Thời gian: 10h15-11h15 sáng Thứ 3, ngày 12/08/2025

Địa điểm: Phòng 507 nhà A6

Tóm tắt: Argumentation Frameworks (AFs) are the key formalism of abstract argumentation, which is one of the main directions in argumentation research. An AF is mainly studied by means of its extensions, defined as subsets of arguments. In this work, we define a Boolean Network (BN) encoding for AFs, where BNs are a simple and efficient mathematical formalism that has a long history of research. We then show that the attack graph of an AF coincides with the influence graph of its encoded BN, and in particular preferred and stable extensions of this AF one-to-one correspond to minimal trap spaces and fixed points of the encoded BN, respectively.

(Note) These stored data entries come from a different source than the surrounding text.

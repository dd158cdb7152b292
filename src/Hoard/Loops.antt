-- ===== src/Hoard/Loops.antt =====
-- The copying loops of src/hoard.hpp.
use cachercise.Base.{
  ℕ, zero, suc, ◌+◌, ◌-◌, ◌≤◌, ◌<◌, ◌^◌, ◌≡◌, refl, ◌⊎◌, inl, inr, ap, ◌∙◌, List, Option, some,
  Bool, ◌&&◌, arith, ltb, leb, length, get_elem?, set, if◌then◌else◌, length-set,
  get_elem?-set_self, get_elem?-set_ne, get_elem?-lt, get_elem?-le, Option-cases,
}
use native.Mathlib.Decide.{ℕ_discrete, dec_lt}
use cachercise.Base.Run.{Fault, Run-cases, ok, fault, undefined}
use cachercise.Common.{u64}
use cachercise.Hoard.{Hoard, store, write_loop, read_loop}

-- `i` lies in the `n` places from `lo`.
abbrev pub within : ℕ → ℕ → ℕ → Bool
within lo n i = leb lo i && ltb i (lo + n)

-- `xs'` is `xs` with the `k` elements from `from` on taken from `src`.
pub record Copied (k from : ℕ) (src : ℕ → Option ℕ) (xs xs' : List ℕ) : Type 0 where
  pub same_length : length xs' ≡ length xs
  pub elems : (j : ℕ) → get_elem? xs' j ≡ (if within from k j then src j else get_elem? xs j)

store-set : (xs : List ℕ) (i p v : ℕ) → p ≡ i → i < length xs → store xs p v ≡ ok (set xs i v)
unfolding store
store-set xs i p v e h = rw e (ground arith)

Copied-suc :
    (k i i' : ℕ) (src : ℕ → Option ℕ) (xs xs' : List ℕ) (v : ℕ)
    → i' ≡ suc i
    → i < length xs
    → src i ≡ some v
    → Copied k i' src (set xs i v) xs'
    → Copied (suc k) i src xs xs'
Copied-suc k i i' src xs xs' v next h e c = record {
  same_length = c.same_length ∙ length-set xs i v;
  elems = λ j. elim (ℕ_discrete i j) [
    | yes p ↦
        ground
          (arith, c.elems j, get_elem?-set_self xs i v, ap src p, ap (get_elem? (set xs i v)) p)
    | no p ↦ ground (arith, c.elems j, get_elem?-set_ne xs i j v p)
  ];
}

write_loop-suc :
    (k i offset : ℕ) (src h : List ℕ) (v : ℕ)
    → get_elem? src i ≡ some v
    → offset + i < length h
    → length h < 2 ^ 64
    → write_loop (suc k) i offset src h ≡ write_loop k (suc i) offset src (set h (offset + i) v)
unfolding write_loop
write_loop-suc k i offset src h v e a b =
    rw (e, store-set h (offset + i) (u64 (offset + i)) v (omega arith) a)

read_loop-suc :
    (k i offset : ℕ) (h dest : List ℕ) (v : ℕ)
    → get_elem? h (offset + i) ≡ some v
    → i < length dest
    → offset + i < 2 ^ 64
    → read_loop (suc k) i offset h dest ≡ read_loop k (suc i) offset h (set dest i v)
unfolding read_loop
read_loop-suc k i offset h dest v e a b =
    let at : u64 (offset + i) ≡ offset + i = omega arith in
    rw (ap (get_elem? h) at ∙ e, store-set dest i i v refl a)

abbrev pub Written : (k i offset : ℕ) (src h : List ℕ) → Type 0
Written k i offset src h =
    (h' : Hoard) × (write_loop k i offset src h ≡ ok h')
    × Copied k (offset + i) (λ j. get_elem? src (j - offset)) h h'

Written-suc :
    (k i offset : ℕ) (src h : List ℕ) (v : ℕ)
    → get_elem? src i ≡ some v
    → offset + i < length h
    → length h < 2 ^ 64
    → Written k (suc i) offset src (set h (offset + i) v)
    → Written (suc k) i offset src h
Written-suc k i offset src h v e a b (h', run, copied) = (
  h',
  write_loop-suc k i offset src h v e a b ∙ run,
  Copied-suc k (offset + i) (offset + suc i) (λ j. get_elem? src (j - offset)) h h' v (omega arith)
      a (ap (get_elem? src) (omega arith) ∙ e) copied,
)

-- In bounds the loop of `put` ends, and has copied.
pub write_loop-Copied :
    (k i offset : ℕ) (src h : List ℕ)
    → i + k ≤ length src
    → offset + i + k ≤ length h
    → length h < 2 ^ 64
    → Written k i offset src h
unfolding write_loop
write_loop-Copied zero i offset src h a b c =
    (h, refl, record { same_length = refl; elems = λ j. ground arith })
write_loop-Copied (suc k) i offset src h a b c =
    let (v, e) = get_elem?-lt src i (omega arith) in
    Written-suc k i offset src h v e (omega arith) c (
      write_loop-Copied k (suc i) offset src (set h (offset + i) v) (omega arith)
        (omega (arith, length-set h (offset + i) v)) (omega (arith, length-set h (offset + i) v)))

abbrev pub Fetched : (k i offset : ℕ) (h dest : List ℕ) → Type 0
Fetched k i offset h dest =
    (dest' : List ℕ) × (read_loop k i offset h dest ≡ ok dest')
    × Copied k i (λ j. get_elem? h (offset + j)) dest dest'

Fetched-suc :
    (k i offset : ℕ) (h dest : List ℕ) (v : ℕ)
    → get_elem? h (offset + i) ≡ some v
    → i < length dest
    → offset + i < 2 ^ 64
    → Fetched k (suc i) offset h (set dest i v)
    → Fetched (suc k) i offset h dest
Fetched-suc k i offset h dest v e a b (dest', run, copied) = (
  dest',
  read_loop-suc k i offset h dest v e a b ∙ run,
  Copied-suc k i (suc i) (λ j. get_elem? h (offset + j)) dest dest' v refl a e copied,
)

-- In bounds the loop of `get` ends, and has copied.
pub read_loop-Copied :
    (k i offset : ℕ) (h dest : List ℕ)
    → offset + i + k ≤ length h
    → i + k ≤ length dest
    → length h < 2 ^ 64
    → Fetched k i offset h dest
unfolding read_loop
read_loop-Copied zero i offset h dest a b c =
    (dest, refl, record { same_length = refl; elems = λ j. ground arith })
read_loop-Copied (suc k) i offset h dest a b c =
    let (v, e) = get_elem?-lt h (offset + i) (omega arith) in
    Fetched-suc k i offset h dest v e (omega arith) (omega arith) (
      read_loop-Copied k (suc i) offset h (set dest i v) (omega arith)
        (omega (arith, length-set dest i v)) c)

-- A loop of `get` that passes the end of the array, or of the buffer, does not end well.
pub read_loop-fault :
    (k i offset : ℕ) (h dest : List ℕ)
    → offset + i + k ≤ 2 ^ 64
    → (length h < offset + i + k) ⊎ (length dest < i + k)
    → 0 < k
    → read_loop k i offset h dest ≡ fault undefined
unfolding read_loop store
read_loop-fault zero i offset h dest a b c = absurd (omega arith)
read_loop-fault (suc k) i offset h dest a b c =
    let at : u64 (offset + i) ≡ offset + i = omega arith in
    elim (dec_lt (offset + i) (length h)) [
      | no p ↦ rw (ap (get_elem? h) at ∙ get_elem?-le h (offset + i) (omega arith))
      | yes p ↦
          let (v, e) = get_elem?-lt h (offset + i) p in
          elim (dec_lt i (length dest)) [
            | yes q ↦
                read_loop-suc k i offset h dest v e q (omega arith)
                ∙ read_loop-fault k (suc i) offset h (set dest i v) (omega arith)
                    (omega (arith, length-set dest i v)) (omega (arith, length-set dest i v))
            | no q ↦ rw (ap (get_elem? h) at ∙ e) (ground arith)
          ]
    ]

-- A loop of `put` that passes the end of the caller's buffer does not end well.
pub write_loop-fault :
    (k i offset : ℕ) (src h : List ℕ)
    → i ≤ length src
    → length src < i + k
    → (e : Fault) × (write_loop k i offset src h ≡ fault e)
unfolding write_loop
write_loop-fault zero i offset src h a b = absurd (omega arith)
write_loop-fault (suc k) i offset src h a b = elim (dec_lt i (length src)) [
  | no p ↦ (undefined, rw (get_elem?-le src i (omega arith)))
  | yes p ↦
      let (v, e) = get_elem?-lt src i p in
      elim (Run-cases (store h (u64 (offset + i)) v)) [
        | inl (h', r) ↦
            let (f, g) = write_loop-fault k (suc i) offset src h' p (omega arith) in
            (f, rw (e, r, g))
        | inr (f, r) ↦ (f, rw (e, r))
      ]
]

-- Nor does one that begins past the end of the array.
pub write_loop-beyond :
    (k i offset : ℕ) (src h : List ℕ)
    → 0 < k
    → length h ≤ u64 (offset + i)
    → (e : Fault) × (write_loop k i offset src h ≡ fault e)
unfolding write_loop store
write_loop-beyond zero i offset src h a b = absurd (omega arith)
write_loop-beyond (suc k) i offset src h a b = elim (Option-cases (get_elem? src i)) [
  | inl e ↦ (undefined, rw e)
  | inr (v, e) ↦ (undefined, rw e (ground arith))
]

We also define a new concept for BNs called complete trap space, then show that complete trap spaces (resp. the percolation of the special trap space where all variables are free) in BNs one-to-one correspond (resp. corresponds) to complete extensions (resp. the grounded extension) in AFs. We use the connection to explore many new results relating extensions of an AF and (positive or negative) cycles in its attack graph. In particular, we show new upper bounds based on positive feedback vertex sets for the numbers of stable, preferred, and complete extensions. The established connection opens various directions of research in both areas.